-- Work request --
Identify, in the records below, every line where the string "paid" appears, and copy each such line.

-- Provided data --
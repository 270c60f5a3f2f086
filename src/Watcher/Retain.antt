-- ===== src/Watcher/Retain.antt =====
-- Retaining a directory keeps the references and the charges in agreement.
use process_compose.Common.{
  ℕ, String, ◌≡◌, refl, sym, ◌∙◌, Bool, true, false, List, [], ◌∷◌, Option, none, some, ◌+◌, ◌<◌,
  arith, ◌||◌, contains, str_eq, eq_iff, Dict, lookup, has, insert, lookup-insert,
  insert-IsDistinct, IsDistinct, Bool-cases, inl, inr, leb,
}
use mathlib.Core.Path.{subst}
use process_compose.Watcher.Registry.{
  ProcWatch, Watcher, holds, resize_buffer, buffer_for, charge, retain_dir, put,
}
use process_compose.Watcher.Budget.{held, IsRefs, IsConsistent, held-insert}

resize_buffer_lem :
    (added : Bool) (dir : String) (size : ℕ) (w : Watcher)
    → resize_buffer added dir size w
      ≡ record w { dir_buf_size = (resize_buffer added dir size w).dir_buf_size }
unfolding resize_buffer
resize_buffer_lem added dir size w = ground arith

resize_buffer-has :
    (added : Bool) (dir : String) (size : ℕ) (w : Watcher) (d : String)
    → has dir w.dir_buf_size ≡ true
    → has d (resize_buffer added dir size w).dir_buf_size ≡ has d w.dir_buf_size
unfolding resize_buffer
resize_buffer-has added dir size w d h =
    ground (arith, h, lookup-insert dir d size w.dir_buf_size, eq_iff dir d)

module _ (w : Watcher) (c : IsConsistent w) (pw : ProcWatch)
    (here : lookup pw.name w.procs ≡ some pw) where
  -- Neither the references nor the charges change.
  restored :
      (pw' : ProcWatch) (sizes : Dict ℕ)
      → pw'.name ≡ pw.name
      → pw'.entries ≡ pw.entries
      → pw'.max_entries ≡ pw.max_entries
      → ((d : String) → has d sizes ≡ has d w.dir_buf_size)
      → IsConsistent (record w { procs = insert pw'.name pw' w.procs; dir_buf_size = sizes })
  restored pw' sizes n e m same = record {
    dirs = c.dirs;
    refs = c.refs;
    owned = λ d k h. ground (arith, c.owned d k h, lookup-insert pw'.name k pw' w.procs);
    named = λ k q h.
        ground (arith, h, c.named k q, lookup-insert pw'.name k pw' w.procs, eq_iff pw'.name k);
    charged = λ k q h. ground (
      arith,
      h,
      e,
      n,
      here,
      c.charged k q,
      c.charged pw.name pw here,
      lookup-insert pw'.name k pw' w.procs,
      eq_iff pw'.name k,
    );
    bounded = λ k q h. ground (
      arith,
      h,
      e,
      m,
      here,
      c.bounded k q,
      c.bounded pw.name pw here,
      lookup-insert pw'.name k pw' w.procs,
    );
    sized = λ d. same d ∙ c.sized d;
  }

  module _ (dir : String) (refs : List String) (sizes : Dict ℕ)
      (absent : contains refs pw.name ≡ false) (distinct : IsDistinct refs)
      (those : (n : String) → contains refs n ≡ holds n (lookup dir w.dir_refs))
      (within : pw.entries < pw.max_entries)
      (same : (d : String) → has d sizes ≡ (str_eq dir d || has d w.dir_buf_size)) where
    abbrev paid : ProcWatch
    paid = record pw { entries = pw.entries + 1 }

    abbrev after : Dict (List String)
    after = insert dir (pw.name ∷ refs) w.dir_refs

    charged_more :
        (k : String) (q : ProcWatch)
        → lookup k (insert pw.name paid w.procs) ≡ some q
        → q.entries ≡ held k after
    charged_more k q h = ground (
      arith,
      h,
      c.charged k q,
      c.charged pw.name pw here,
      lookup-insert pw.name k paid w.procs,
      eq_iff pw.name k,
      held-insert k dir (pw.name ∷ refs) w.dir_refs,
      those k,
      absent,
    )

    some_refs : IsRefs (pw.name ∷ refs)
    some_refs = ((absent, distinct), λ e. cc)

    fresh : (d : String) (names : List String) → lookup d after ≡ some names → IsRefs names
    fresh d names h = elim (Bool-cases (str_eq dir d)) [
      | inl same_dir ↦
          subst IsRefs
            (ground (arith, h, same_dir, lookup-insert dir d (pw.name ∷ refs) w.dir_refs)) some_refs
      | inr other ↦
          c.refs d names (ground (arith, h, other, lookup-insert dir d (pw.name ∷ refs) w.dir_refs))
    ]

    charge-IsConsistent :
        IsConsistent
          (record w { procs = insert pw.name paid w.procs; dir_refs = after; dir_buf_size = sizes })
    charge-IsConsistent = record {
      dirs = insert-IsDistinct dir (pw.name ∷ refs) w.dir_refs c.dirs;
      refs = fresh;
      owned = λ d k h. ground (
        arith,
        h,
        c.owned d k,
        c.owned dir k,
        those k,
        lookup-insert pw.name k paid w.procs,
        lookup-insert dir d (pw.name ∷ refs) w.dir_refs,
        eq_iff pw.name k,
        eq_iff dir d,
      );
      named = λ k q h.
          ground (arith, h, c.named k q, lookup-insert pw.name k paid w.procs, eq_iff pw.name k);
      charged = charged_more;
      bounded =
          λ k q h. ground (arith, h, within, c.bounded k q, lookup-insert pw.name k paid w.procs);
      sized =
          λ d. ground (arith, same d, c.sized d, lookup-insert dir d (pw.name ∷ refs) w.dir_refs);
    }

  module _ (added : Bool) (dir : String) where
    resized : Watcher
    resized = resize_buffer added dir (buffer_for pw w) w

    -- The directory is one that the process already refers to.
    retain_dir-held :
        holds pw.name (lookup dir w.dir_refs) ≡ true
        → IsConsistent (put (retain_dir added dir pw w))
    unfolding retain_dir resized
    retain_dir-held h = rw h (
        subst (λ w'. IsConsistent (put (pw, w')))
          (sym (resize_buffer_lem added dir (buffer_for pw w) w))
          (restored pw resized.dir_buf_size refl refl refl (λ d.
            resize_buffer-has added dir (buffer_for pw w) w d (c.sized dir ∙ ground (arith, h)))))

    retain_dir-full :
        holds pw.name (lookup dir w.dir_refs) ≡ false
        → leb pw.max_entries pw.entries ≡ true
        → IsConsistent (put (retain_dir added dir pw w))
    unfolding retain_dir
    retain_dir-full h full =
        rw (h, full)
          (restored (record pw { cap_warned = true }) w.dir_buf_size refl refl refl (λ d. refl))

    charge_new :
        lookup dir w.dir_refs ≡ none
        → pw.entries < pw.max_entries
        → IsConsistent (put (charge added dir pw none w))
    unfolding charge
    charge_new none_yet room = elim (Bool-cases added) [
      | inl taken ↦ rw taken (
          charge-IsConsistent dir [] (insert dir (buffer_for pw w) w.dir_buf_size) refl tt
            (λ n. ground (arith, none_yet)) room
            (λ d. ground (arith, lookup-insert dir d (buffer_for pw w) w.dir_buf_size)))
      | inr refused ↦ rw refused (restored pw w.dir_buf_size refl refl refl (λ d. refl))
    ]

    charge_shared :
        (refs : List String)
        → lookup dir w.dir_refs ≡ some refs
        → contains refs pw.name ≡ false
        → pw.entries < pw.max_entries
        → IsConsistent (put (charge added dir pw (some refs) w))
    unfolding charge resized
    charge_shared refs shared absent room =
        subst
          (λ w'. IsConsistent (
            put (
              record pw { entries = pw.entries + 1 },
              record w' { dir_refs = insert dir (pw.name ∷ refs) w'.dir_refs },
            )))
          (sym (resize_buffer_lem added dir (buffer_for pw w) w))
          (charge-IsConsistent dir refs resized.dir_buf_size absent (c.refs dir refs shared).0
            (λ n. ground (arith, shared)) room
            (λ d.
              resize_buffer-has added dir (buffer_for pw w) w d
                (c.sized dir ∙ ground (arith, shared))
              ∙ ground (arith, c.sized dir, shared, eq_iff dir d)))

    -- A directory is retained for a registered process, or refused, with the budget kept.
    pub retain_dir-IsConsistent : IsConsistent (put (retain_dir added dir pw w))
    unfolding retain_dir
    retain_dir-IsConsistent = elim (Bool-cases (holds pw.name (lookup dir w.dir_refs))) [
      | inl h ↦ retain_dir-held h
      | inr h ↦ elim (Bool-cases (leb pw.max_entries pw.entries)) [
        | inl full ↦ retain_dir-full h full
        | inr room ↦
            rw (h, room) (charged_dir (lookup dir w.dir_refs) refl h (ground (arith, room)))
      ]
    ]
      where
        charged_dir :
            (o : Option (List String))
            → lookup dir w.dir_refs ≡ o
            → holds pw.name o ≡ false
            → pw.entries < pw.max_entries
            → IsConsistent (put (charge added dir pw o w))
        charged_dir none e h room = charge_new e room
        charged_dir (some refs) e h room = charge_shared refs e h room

-- Answer for this exercise --
    abbrev paid : ProcWatch
    paid = record pw { entries = pw.entries + 1 }
        → lookup k (insert pw.name paid w.procs) ≡ some q
      lookup-insert pw.name k paid w.procs,
          (record w { procs = insert pw.name paid w.procs; dir_refs = after; dir_buf_size = sizes })
        lookup-insert pw.name k paid w.procs,
          ground (arith, h, c.named k q, lookup-insert pw.name k paid w.procs, eq_iff pw.name k);
          λ k q h. ground (arith, h, within, c.bounded k q, lookup-insert pw.name k paid w.procs);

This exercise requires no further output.